Bu sessizlik, bir kayıtsızlık değil, siyasi bir tercih. Bu sessizlik, bir suç ortaklığı. ABD’nin dilinin ucuyla yaptığı “kınama” mesajı her şeyi anlatıyor aslında.
Çünkü bu vahşetin tetiğini çeken "Ebu Lü'lü" lakaplı teröristler ve onların bağlı olduğu RSF milisleri, yalnız değil. Onların arkasında vahşetin asıl mimarları var. Sahadan gelen tüm raporlar, bu acımasız gücün lojistik, askeri ve finansal olarak BAE tarafından desteklendiğini ortaya koyuyor. Sudanlı bir cami imamının "Allah'ım, Bin Zayed'in saltanatını sars, damarlarındaki kanı dondur!" feryadı, bu ihanetin adresini net bir şekilde gösteriyor. BAE'den kalkan kargo uçakları, Libya ve Çad üzerinden bu teröristlere durmaksızın askeri teçhizat taşıyor.
Sahi, Bin Zayed denilen adam nasıl bir vicdan dokusuna sahip? Ortadoğu veya Afrika’da, nerede mendebur bir iş olsa altından o çıkıyor. İsrail ve Batı menfaatine yapmadığı taşeronluk, bulaşmadığı pis iş kalmadı.

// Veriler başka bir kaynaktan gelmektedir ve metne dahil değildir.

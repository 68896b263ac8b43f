-- ===== src/Workflows/Waits.antt =====
-- core/workflows/waits.py: signals claim pending subscriptions and wake their runs; the sweep fires due
-- durations and expires replies and events. The table of subscriptions is kept with the runs.
pub mod Claimed
use growth_operator.Prelude.Json.{Json, str}
use growth_operator.Workflows.Vars.{Vars}
use growth_operator.Workflows.Run.{Run, Subscription, WaitStatus, pending, matched, expired}
use growth_operator.Workflows.Executor.{Env}
use growth_operator.Workflows.Resume.{wake_run}
use growth_operator.Workflows.Advance.{run_of}
use growth_operator.Workflows.Runs.{run_in}
use growth_operator.Prelude.{
  update_where, none, ◌++◌, Option, Bool, List, ℕ, leb, [], ◌∷◌, ◌||◌, filter, map, some, true,
  str_eq, ◌&&◌, length, false, String, lookup,
}

unfoldable pub is_pending : WaitStatus → Bool
is_pending pending = true
is_pending _ = false

-- `status = 'pending' AND {where}`
abbrev pub is_claimed : (Subscription → Bool) → Subscription → Bool
is_claimed test s = is_pending s.status && test s

-- The rows of `_claim` for one run: an id for each subscription claimed.
unfoldable pub claimed_of : (Subscription → Bool) → ℕ → List Subscription → List ℕ
unfolding is_pending
claimed_of test id subscriptions = map (λ s. id) (filter (is_claimed test) subscriptions)

unfoldable pub mark : (Subscription → Bool) → WaitStatus → Run → Run
unfolding is_pending
mark test status run = record run {
  subscriptions =
      update_where (is_claimed test) (λ s. record s { status = status }) run.subscriptions;
}

-- `_claim`: the ids of the runs to wake, and the table
unfoldable pub claim : (Subscription → Bool) → WaitStatus → List Run → List ℕ × List Run
unfolding claimed_of mark
claim test status [] = ([], [])
claim test status (run ∷ runs) =
    let rest = claim test status runs in
    (claimed_of test run.run_id run.subscriptions ++ rest.0, mark test status run ∷ rest.1)

-- The wakes that follow a claim.
unfoldable pub wake_all : Env → String → List ℕ → List Run → List Run
unfolding run_in wake_run
wake_all env result [] runs = runs
wake_all env result (id ∷ ids) runs =
    wake_all env result ids (run_in env (λ r. (wake_run env result r).1) id runs)

-- `correlation->>key = value`
unfoldable pub correlates : String → String → Subscription → Bool
correlates key value s = elim (lookup key s.correlation) [
  | some (str v) ↦ str_eq v value
  | _ ↦ false
]

unfoldable pub is_reply_to : String → Subscription → Bool
unfolding correlates
is_reply_to conversation s =
    str_eq s.wait_for "reply" && correlates "conversation_id" conversation s

unfoldable pub is_event_wait : String → Subscription → Bool
unfolding correlates
is_event_wait event_type s = str_eq s.wait_for "event" && correlates "event_type" event_type s

-- `t IS NOT NULL AND t <= now()`
unfoldable pub is_due : ℕ → Option ℕ → Bool
is_due now none = false
is_due now (some t) = leb t now

unfoldable pub is_fired : ℕ → Subscription → Bool
unfolding is_due
is_fired now s = str_eq s.wait_for "duration" && is_due now s.fire_at

unfoldable pub is_timed_out : ℕ → Subscription → Bool
unfolding is_due
is_timed_out now s =
    (str_eq s.wait_for "reply" || str_eq s.wait_for "event") && is_due now s.timeout_at

-- `match_reply` and `match_event`: the number of subscriptions, and the table
unfoldable pub match_reply : Env → String → List Run → ℕ × List Run
unfolding claim is_reply_to wake_all
match_reply env conversation runs =
    let claimed = claim (is_reply_to conversation) matched runs in
    (length claimed.0, wake_all env "reply" claimed.0 claimed.1)

unfoldable pub match_event : Env → String → List Run → ℕ × List Run
unfolding claim is_event_wait wake_all
match_event env event_type runs =
    let claimed = claim (is_event_wait event_type) matched runs in
    (length claimed.0, wake_all env "event" claimed.0 claimed.1)

-- `sweep_waits` for one organisation
unfoldable pub sweep_waits : Env → List Run → List Run
unfolding claim is_fired is_timed_out wake_all
sweep_waits env runs =
    let fired = claim (is_fired env.now) matched runs in
    let timed_out = claim (is_timed_out env.now) expired fired.1 in
    wake_all env "timeout" timed_out.0 (wake_all env "duration" fired.0 timed_out.1)
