-- ===== src/Workflows/Waits/Claimed.antt =====
-- What a claim takes, it takes once.
use growth_operator.Workflows.Run.{Run, Subscription, WaitStatus}
use growth_operator.Workflows.Waits.{is_pending, is_claimed, claimed_of, mark, claim}
use growth_operator.Prelude.{
  length, false, arith, ℕ, ◌≡◌, List, Bool, map, update_where, [], ◌∷◌, ◌+◌, refl, filter, ◌&&◌,
  length-append, not, ◌∙◌,
}

-- The subscriptions of a claim.
unfoldable pub claimable : (Subscription → Bool) → List Run → ℕ
unfolding is_pending
claimable test [] = 0
claimable test (run ∷ runs) =
    length (filter (is_claimed test) run.subscriptions) + claimable test runs

length-map : (id : ℕ) (xs : List Subscription) → length (map (λ s. id) xs) ≡ length xs
length-map id [] = refl
length-map id (x ∷ xs) = omega (arith, length-map id xs)

left_over :
    (test other : Subscription → Bool) (status : WaitStatus) (xs : List Subscription)
    → is_pending status ≡ false
    → length (
        filter
          (is_claimed other)
          (update_where (is_claimed test) (λ s. record s { status = status }) xs))
      ≡ length (filter (is_claimed (λ s. other s && not (test s))) xs)
unfolding is_pending
left_over test other status [] h = refl
left_over test other status (s ∷ xs) h = ground (arith, left_over test other status xs h, h)

length-claim :
    (test : Subscription → Bool) (status : WaitStatus) (runs : List Run)
    → length (claim test status runs).0 ≡ claimable test runs
unfolding claim claimable claimed_of
length-claim test status [] = refl
length-claim test status (run ∷ runs) =
    let own = filter (is_claimed test) run.subscriptions in
    omega (
      arith,
      length-append {0} (map (λ s. run.run_id) own) (claim test status runs).0,
      length-map run.run_id own,
      length-claim test status runs,
    )

claimable-claim :
    (test other : Subscription → Bool) (status : WaitStatus) (runs : List Run)
    → is_pending status ≡ false
    → claimable other (claim test status runs).1 ≡ claimable (λ s. other s && not (test s)) runs
unfolding claim claimable mark
claimable-claim test other status [] h = refl
claimable-claim test other status (run ∷ runs) h = omega (
  arith,
  left_over test other status run.subscriptions h,
  claimable-claim test other status runs h,
)

-- A claim to a status other than `pending` returns one id for each pending subscription that passes its
-- test; and any claim after it returns one for each that was pending and passes the second test but not
-- the first. So no two claims take one subscription, and a signal delivered again finds nothing.
pub claim-once :
    (test other : Subscription → Bool) (status status' : WaitStatus) (runs : List Run)
    → is_pending status ≡ false
    → let first = claim test status runs in
      (length first.0 ≡ claimable test runs)
      × (length (claim other status' first.1).0 ≡ claimable (λ s. other s && not (test s)) runs)
claim-once test other status status' runs h = (
  length-claim test status runs,
  length-claim other status' (claim test status runs).1 ∙ claimable-claim test other status runs h,
)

Ve Libya Başmüftüsü Sadık el-Giryani'nin tespiti, büyük resmi ortaya koyuyor: "BAE'nin Sudan’daki rolü, İsrail Projesi'nin bir parçasıdır. Sudan, Libya, Yemen, Mısır ve Irak’ta yaşananlar, birleşik bir Siyonist-Amerikan planının halkalarıdır. Gazze de bu projenin merkezidir."
İşte "Nasıl bir vicdan?" sorusunun cevabı burada gizlidir: Vicdan yok. Sadece çıkarlar var. Bir yanda ‘Darfur’un zengin altın madenlerini yağmalama hırsı’, diğer yanda bu kaostan beslenen kirli jeopolitik hesaplar... Gazze'de on binlerce masum sivili bombalayarak bir soykırım gerçekleştiren İsrail'e "savunma hakkı" diyerek arka çıkan zihniyet, bugün BAE eliyle Sudan'daki soykırımı da görmezden geliyor. BAE'nin BM'ye "insani yardım" adı altında 100 milyon dolarlık bir rüşvet teklif etmesi ise, bu ahlaki iflasın en trajikomik yanı.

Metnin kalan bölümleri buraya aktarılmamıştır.